Дожали— таки!.. Турецкий махнул рукой и, подумав, сообщил, что практически всю ночь читал и переводил документы, затем совершенно нечитаемые записки, затем…

— Я понял, что время не зря потрачено, — остановил его признания Виктор Петрович. — Теперь мне бы узнать о дальнейших планах. На когда брать обратный билет?

— А что, уж надоел? Разве я здесь кому-нибудь мешаю?

— Ха, живи сколько хочешь, если нравится! Но через полчаса мне сюда скажут адрес мамаши твоего Кокорина, если таковая еще проживает у нас.

— Вот за это спасибо! Это вы молодцы.

— Так Вячеслав позвонил же. Отчима зовут, — Гоголев взял со стола писульку, — Геннадием Юрьевичем, тридцать шестого года рождения, а мадам — Фира Сергеевна Кокорина, сорокового года.

— Эсфирь, наверное?

— Нет, именно Фира, я переспрашивал. Сам поедешь?

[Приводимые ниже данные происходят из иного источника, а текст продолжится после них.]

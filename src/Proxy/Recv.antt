-- ===== src/Proxy/Recv.antt =====
-- The receive hooks of dsound_proxy.cpp: `hooked_WSARecvFrom` drains what the kernel has into the
-- reorder buffer and hands one datagram to the game.
use battlezone_netcode_patch.Prelude.{
  ℕ, zero, suc, ◌+◌, Bool, true, false, ◌&&◌, ◌||◌, Option, none, some, List, [], ◌∷◌, length, ltb,
  ◌==◌, ◌!=◌, if◌then◌else◌, inc64,
}
use battlezone_netcode_patch.Prelude.Int.{negsuc}
use battlezone_netcode_patch.Reorder.{
  evicted, SockAddr, PeerBuf, ReorderStats, ReorderCtx, reorder_seq_min_pay,
}
use battlezone_netcode_patch.Reorder.Wire.{reorder_seq_from_payload}
use battlezone_netcode_patch.Reorder.Peers.{
  peer_at, put_peer, reorder_get_peer, reorder_drain_saturated,
}
use battlezone_netcode_patch.Reorder.Window.{reorder_adapt_on_arrival}
use battlezone_netcode_patch.Reorder.Slots.{
  InsertResult, buffered, stale, duplicate, displaced, reorder_insert, reorder_note_delivery,
  reorder_take,
}
use battlezone_netcode_patch.Reorder.Pick.{Ready, reorder_next_ready}
use battlezone_netcode_patch.Proxy.{WsaBuf, af_inet}
use battlezone_netcode_patch.Proxy.Deliver.{FromArg, Received, deliver_to_caller}

abbrev pub wake_magic : List ℕ
wake_magic = b'B' ∷ b'Z' ∷ b'W' ∷ b'K' ∷ b'P' ∷ b'K' ∷ b'T' ∷ b'1' ∷ []

abbrev pub wsaewouldblock : ℕ
wsaewouldblock = 10035

-- What a call of the real WSARecvFrom answers into the drain buffer, and the clock after it.
pub record Drained : Type 0 where
  pub family : ℕ
  pub src : SockAddr
  pub bytes : List ℕ
  pub now : ℕ

pub data Read : Type 0 where
  too_big fails : Read
  datagram : Drained → Read

-- The globals of the receive path.
pub record RxState : Type 0 where
  pub rx : ReorderCtx
  pub sock : ℕ
  pub last_recv_call_ms : ℕ
  pub drain : ℕ

-- A datagram for the game: its source as bytes, and its payload.
pub record Handed : Type 0 where
  pub src : SockAddr
  pub payload : List ℕ
  pub len : ℕ

-- How a round of the drain loop ends. `hands true` notes the depth of the drain as well.
pub data Round : Type 0 where
  breaks : Round
  goes_on : RxState → Round
  hands : Bool → Handed → RxState → Round

abbrev pub same_bytes : List ℕ → List ℕ → Bool
same_bytes [] [] = true
same_bytes [] (y ∷ ys) = false
same_bytes (x ∷ xs) [] = false
same_bytes (x ∷ xs) (y ∷ ys) = x == y && same_bytes xs ys

abbrev pub with_stats : RxState → ReorderStats → RxState
with_stats s st = record s { rx = record (s.rx) { stats = st } }

-- What an insertion leads to.
unfoldable pub inserted : RxState → ℕ → Drained → ℕ → InsertResult × ReorderStats × PeerBuf → Round
inserted s i d len (buffered, st, pb) = goes_on (record s { rx = put_peer s.rx i (st, pb) })
inserted s i d len (displaced y, st, pb) =
    let noted = reorder_note_delivery s.rx st pb y.seq y.ts d.now evicted in
    hands true (record { src = y.from; payload = y.payload; len = y.len })
      (record s { rx = put_peer s.rx i noted })
inserted s i d len (stale, st, pb) =
    hands true (record { src = d.src; payload = d.bytes; len = len })
      (record s { rx = put_peer s.rx i (st, pb) })
inserted s i d len (duplicate, st, pb) =
    hands true (record { src = d.src; payload = d.bytes; len = len })
      (record s { rx = put_peer s.rx i (st, pb) })

-- The peer's entry, or the null pointer.
unfoldable pub at_peer : RxState → ℕ → Drained → ℕ → Option ℕ × ReorderCtx → Round
at_peer s sock d len (none, c) =
    hands false (record { src = d.src; payload = d.bytes; len = len })
      (record s {
        rx = record c {
          stats = record (c.stats) { bypass_table_full = inc64 c.stats.bypass_table_full };
        };
      })
at_peer s sock d len (some i, c) =
    let seq = reorder_seq_from_payload d.bytes in
    let adapted = reorder_adapt_on_arrival c (peer_at c i) seq d.now in
    inserted (record s { rx = c; sock = sock; last_recv_call_ms = d.now }) i d len
      (reorder_insert c c.stats adapted seq d.now d.src d.bytes len)

-- One datagram of the drain. A wake datagram is dropped; one that is too short to carry a sequence, or
-- not IPv4, goes to the game at once.
unfoldable pub take_in : RxState → ℕ → Drained → Round
take_in s sock d =
    let len = length d.bytes in
    let st = s.rx.stats in
    if len == 0
    then breaks
    else if same_bytes d.bytes wake_magic
    then goes_on s
    else if d.family != af_inet || ltb len reorder_seq_min_pay
    then hands false (record { src = d.src; payload = d.bytes; len = len })
        (with_stats s (record st { bypass_short = inc64 st.bypass_short }))
    else at_peer s sock d len (reorder_get_peer s.rx d.src d.now)

unfoldable pub drain_round : RxState → ℕ → Read → Round
drain_round s sock too_big =
    goes_on (with_stats s (record (s.rx.stats) { emsgsize = inc64 s.rx.stats.emsgsize }))
drain_round s sock fails = breaks
drain_round s sock (datagram d) = take_in s sock d

unfoldable pub note_depth : RxState → ℕ → RxState
note_depth s drained =
    if ltb s.rx.stats.max_drain_depth drained
    then with_stats s (record (s.rx.stats) { max_drain_depth = drained })
    else s

-- A datagram for the game, if the loop returned with one, the answers not asked for, and the state.
abbrev pub DrainResult : Type 0
DrainResult = Option Handed × List Read × RxState

abbrev pub after_round : ℕ → List Read → RxState → Round → (RxState → DrainResult) → DrainResult
after_round drained rs s breaks rest = (none, rs, note_depth s drained)
after_round drained rs s (goes_on s') rest = rest s'
after_round drained rs s (hands true h s') rest = (some h, rs, note_depth s' (drained + 1))
after_round drained rs s (hands false h s') rest = (some h, rs, s')

-- The drain loop, at most `g_reorder_drain` rounds, over the answers of the real WSARecvFrom.
unfoldable pub drain_reads : ℕ → RxState → ℕ → ℕ → List Read → DrainResult
drain_reads zero s sock drained rs = (none, rs, note_depth s drained)
drain_reads (suc n) s sock drained [] = (none, [], note_depth s drained)
drain_reads (suc n) s sock drained (r ∷ rs) =
    let rest = λ (s' : RxState). drain_reads n s' sock (drained + 1) rs in
    if reorder_drain_saturated s.rx
    then (none, r ∷ rs, note_depth s drained)
    else after_round drained rs s (drain_round s sock r) rest

-- The out-parameters of the hook, and `addr_bytes` lays a source address out in memory.
pub record RecvArgs : Type 0 where
  pub sock : ℕ
  pub buffers : List WsaBuf
  pub from : Option FromArg

unfoldable pub hand_over : (SockAddr → List ℕ) → RxState → RecvArgs → Handed → Received × RxState
hand_over addr_bytes s a h =
    let (r, st) =
      deliver_to_caller s.rx.stats a.buffers a.from (addr_bytes h.src) h.payload h.len in
    (r, with_stats s st)

-- The best packet that is ready, or none for now.
unfoldable pub poll_ready :
    (SockAddr → List ℕ) → RxState → RecvArgs → ℕ → Option Ready × ReorderCtx → Received × RxState
poll_ready addr_bytes s a now (none, c) = (
  record {
    rc = negsuc 0;
    wsa = wsaewouldblock;
    bytes_received = none;
    flags = none;
    buffers = a.buffers;
    from = a.from;
  },
  record s { rx = c },
)
poll_ready addr_bytes s a now (some x, c) =
    let (pkt, st, pb) = reorder_take c c.stats (peer_at c x.peer) x.slot now x.kind in
    hand_over addr_bytes (record s { rx = put_peer c x.peer (st, pb) }) a
      (record { src = pkt.from; payload = pkt.payload; len = pkt.len })

-- After the drain: the datagram it returned with, or what the buffer has.
unfoldable pub after_drain : (SockAddr → List ℕ) → RecvArgs → ℕ → DrainResult → Received × RxState
after_drain addr_bytes a now (some h, rs, s) = hand_over addr_bytes s a h
after_drain addr_bytes a now (none, rs, s) =
    poll_ready addr_bytes s a now (reorder_next_ready s.rx now)

-- A poll of the socket that carries the game's traffic is noted.
unfoldable pub polled_at : RxState → RecvArgs → ℕ → RxState
polled_at s a polled = if a.sock == s.sock then record s { last_recv_call_ms = polled } else s

-- The synchronous path of `hooked_WSARecvFrom` with reordering on. `polled` and `now` are the clock
-- on entry and after the drain.
unfoldable pub hooked_wsa_recv_from :
    (SockAddr → List ℕ) → RxState → RecvArgs → ℕ → ℕ → List Read → Received × RxState
hooked_wsa_recv_from addr_bytes s a polled now rs =
    after_drain addr_bytes a now (drain_reads s.drain (polled_at s a polled) a.sock 0 rs)
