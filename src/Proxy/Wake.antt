-- ===== src/Proxy/Wake.antt =====
-- The wake thread of dsound_proxy.cpp, `reorder_wake_thread`: while packets are held and the game does
-- not poll, a small datagram to the socket's own address makes it readable.
mod Tests
use battlezone_netcode_patch.Prelude.{
  ℕ, ◌+◌, ◌-◌, ◌*◌, ◌^◌, ◌≤◌, ◌≡◌, refl, inl, inr, Bool, true, false, not, ◌&&◌, ◌||◌, Option, none,
  some, List, [], ◌∷◌, ◌++◌, take, length, ltb, leb, ◌==◌, ◌!=◌, if◌then◌else◌, sub64, add32, arith,
  Bool-cases,
}
use battlezone_netcode_patch.Prelude.Scan.{find_index?}
use battlezone_netcode_patch.Reorder.{PeerBuf, ReorderCtx}
use battlezone_netcode_patch.Proxy.{af_inet, invalid_socket}
use battlezone_netcode_patch.Proxy.Recv.{RxState, wake_magic}

abbrev pub reorder_wake_idle_ms : ℕ
reorder_wake_idle_ms = 10

abbrev pub reorder_wake_burst_cap : ℕ
reorder_wake_burst_cap = 8

-- 127.0.0.1 in network order, on the little-endian target.
abbrev pub inaddr_loopback : ℕ
inaddr_loopback = 0x0100_007f

-- The locals of the thread, and the socket that it sends from.
pub record WakeState : Type 0 where
  pub seen_call : ℕ
  pub burst : ℕ
  pub wake_sender : ℕ

pub record Bound : Type 0 where
  pub family : ℕ
  pub port : ℕ
  pub addr : ℕ

-- One round: the clock, what getsockname answers, if it succeeds, and the socket that a call of
-- socket would open.
pub record WakeRound : Type 0 where
  pub now : ℕ
  pub bound : Option Bound
  pub opened : ℕ

-- A call of the real sendto.
pub record WakeSend : Type 0 where
  pub sock : ℕ
  pub payload : List ℕ
  pub port : ℕ
  pub addr : ℕ

unfoldable pub is_holding : ReorderCtx → Bool
is_holding c =
    elim (find_index? (λ (p : PeerBuf). p.key != 0 && ltb 0 p.filled) (take c.peers c.tbl)) [
      | none ↦ false
      | some i ↦ true
    ]

-- Is there nothing held, no socket, or does the game poll on its own?
unfoldable pub needs_no_wake : RxState → ℕ → Bool
needs_no_wake s now =
    not (is_holding s.rx)
    || s.sock == invalid_socket
    || ltb (sub64 now s.last_recv_call_ms) reorder_wake_idle_ms

-- A poll of the game since the last round resets the burst.
unfoldable pub noticed : RxState → WakeState → WakeState
noticed s w =
    if s.last_recv_call_ms != w.seen_call
    then record w { seen_call = s.last_recv_call_ms; burst = 0 }
    else w

unfoldable pub wake_from : WakeState → Bound → Option WakeSend × WakeState
wake_from w b = if w.wake_sender == invalid_socket then (none, w) else (
  some (record {
    sock = w.wake_sender;
    payload = wake_magic;
    port = b.port;
    addr = if b.addr == 0 then inaddr_loopback else b.addr;
  }),
  record w { burst = add32 w.burst 1 },
)

unfoldable pub with_sender : WakeState → ℕ → WakeState
with_sender w opened =
    if w.wake_sender == invalid_socket then record w { wake_sender = opened } else w

unfoldable pub wake_bound : WakeState → ℕ → Option Bound → Option WakeSend × WakeState
wake_bound w opened none = (none, w)
wake_bound w opened (some b) =
    if b.family != af_inet || b.port == 0 then (none, w) else wake_from (with_sender w opened) b

unfoldable pub within_burst : WakeState → WakeRound → Option WakeSend × WakeState
within_burst w t =
    if leb reorder_wake_burst_cap w.burst then (none, w) else wake_bound w t.opened t.bound

-- `ready` says that reordering is on and the real functions are there.
unfoldable pub wake_round : Bool → RxState → WakeState → WakeRound → Option WakeSend × WakeState
wake_round ready s w t =
    if not ready || needs_no_wake s t.now then (none, w) else within_burst (noticed s w) t

-- What happens while the thread runs: a poll of the game, which `hooked_WSARecvFrom` notes; a change
-- of the buffer and of the socket; a round.
pub data WakeOp : Type 0 where
  polls : ℕ → WakeOp
  changes : ReorderCtx → ℕ → WakeOp
  rounds : WakeRound → WakeOp

abbrev pub with_sent : Option WakeSend → List WakeSend → List WakeSend
with_sent none ms = ms
with_sent (some m) ms = m ∷ ms

unfoldable pub wake_run : Bool → RxState → WakeState → List WakeOp → List WakeSend
wake_run ready s w [] = []
wake_run ready s w (polls now ∷ os) = wake_run ready (record s { last_recv_call_ms = now }) w os
wake_run ready s w (changes c sock ∷ os) = wake_run ready (record s { rx = c; sock = sock }) w os
wake_run ready s w (rounds t ∷ os) =
    let (m, w') = wake_round ready s w t in with_sent m (wake_run ready s w' os)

— Ну а кого, тебя, что ль, просить? Своих дел мало? Поеду… Ты мне вот что скажи. У тебя кто-нибудь среди ваших чекистов есть такой, кто умеет держать язык за зубами, но владеет информацией?

Гоголев неопределенно пожал плечами.

— Если поискать… А что нужно?

— Выяснить про одну дамочку. Она здесь жила, потом вместе с семьей, после громкого скандала — не с ней, с ее матерью, — им предложили выезд в Штаты. А после она вернулась одна. Как бы узнать?

— А что конкретно тебе надо?

— Понимаешь, такое ощущение, что появляется слишком много хвостов. Вот и хочу узнать, откуда они.

— Как скоро?

— Пока я тут. В Москве мне уже будет не нужно.

— Попробую, но твердо не обещаю. Слишком ты условия жесткие выставляешь: и чтоб знал, и чтоб честный был, и чтоб мзды не требовал. «Еще скажи — чтоб в Бога верил! Где ж я тебе найду такого?

— А в Москве есть такой человек. — Турецкий имел в виду Генриха, или Гену, как звал его Костя Меркулов, но он и под страхом смертной казни не «вспомнил бы» это имя. Да и далеко. Хотя сведения об этой Косенковой нужны были, как иногда говорит Грязнов, «до разрезу». Сама ведь она ничего не скажет. Разве что ответить согласится на не очень опасные вопросы. А в том, что они могут быть для нее опасны, Турецкий не сомневался.

Гоголеву позвонили около десяти утра. Он подвинул блокнот, записал. Положил трубку, вырвал листок и протянул его Александру:

— Если готов на подвиги, делай соболезнующую физиономию, садись в машину, которую я тебе сейчас вызову, и вали вот по этому адресу. Это в районе «Электросилы», на Сызранской улице. Скажешь водителю, он и отвезет, и подождет, сколько тебе надо. Клиенты дома.

Александр Борисович, чувствуя новые силы, наполнявшие организм, без остановки, не пользуясь лифтом, расписанным и разрисованным школьными неприличностями, без передышки поднялся на восьмой этаж и остановился перед обитой коричневым дерматином дверью. Так — он заглянул в бумажку просто для страховки, квартира девяносто пять. Нажал кнопку звонка и услышал странный квакающий сигнал — не пенье соловья или там звуки чардаша, а именно кваканье обыкновенной болотной лягушки.

— Кого вам, простите? — послышалось из-за двери.

Интеллигентные люди. Турецкий стал так, чтоб его было видно всего в дверной глазок, и, достав удостоверение, раскрыл и протянул вперед.

— Я к вам из Москвы, — сказал он, — из Генеральной прокуратуры. По очень важному, хотя и печальному делу.

За дверью была тишина, видимо, читали, что написано в удостоверении. Наконец снова прорезался голос — немолодой, с хрипотцой.

— Печальнее того, что мы уже знаем, вы нам сообщите вряд ли! Ну хорошо, подождите, сейчас я вам открою…

На пороге стоял мужчина в домашнем халате и тапочках на босу ногу. Прихожая, освещенная рожковой люстрой, представляла собой узкий коридор, заставленный картонными коробками. Часть их содержимого валялась на полу. И вообще тут, похоже, прошел маленький ураганчик.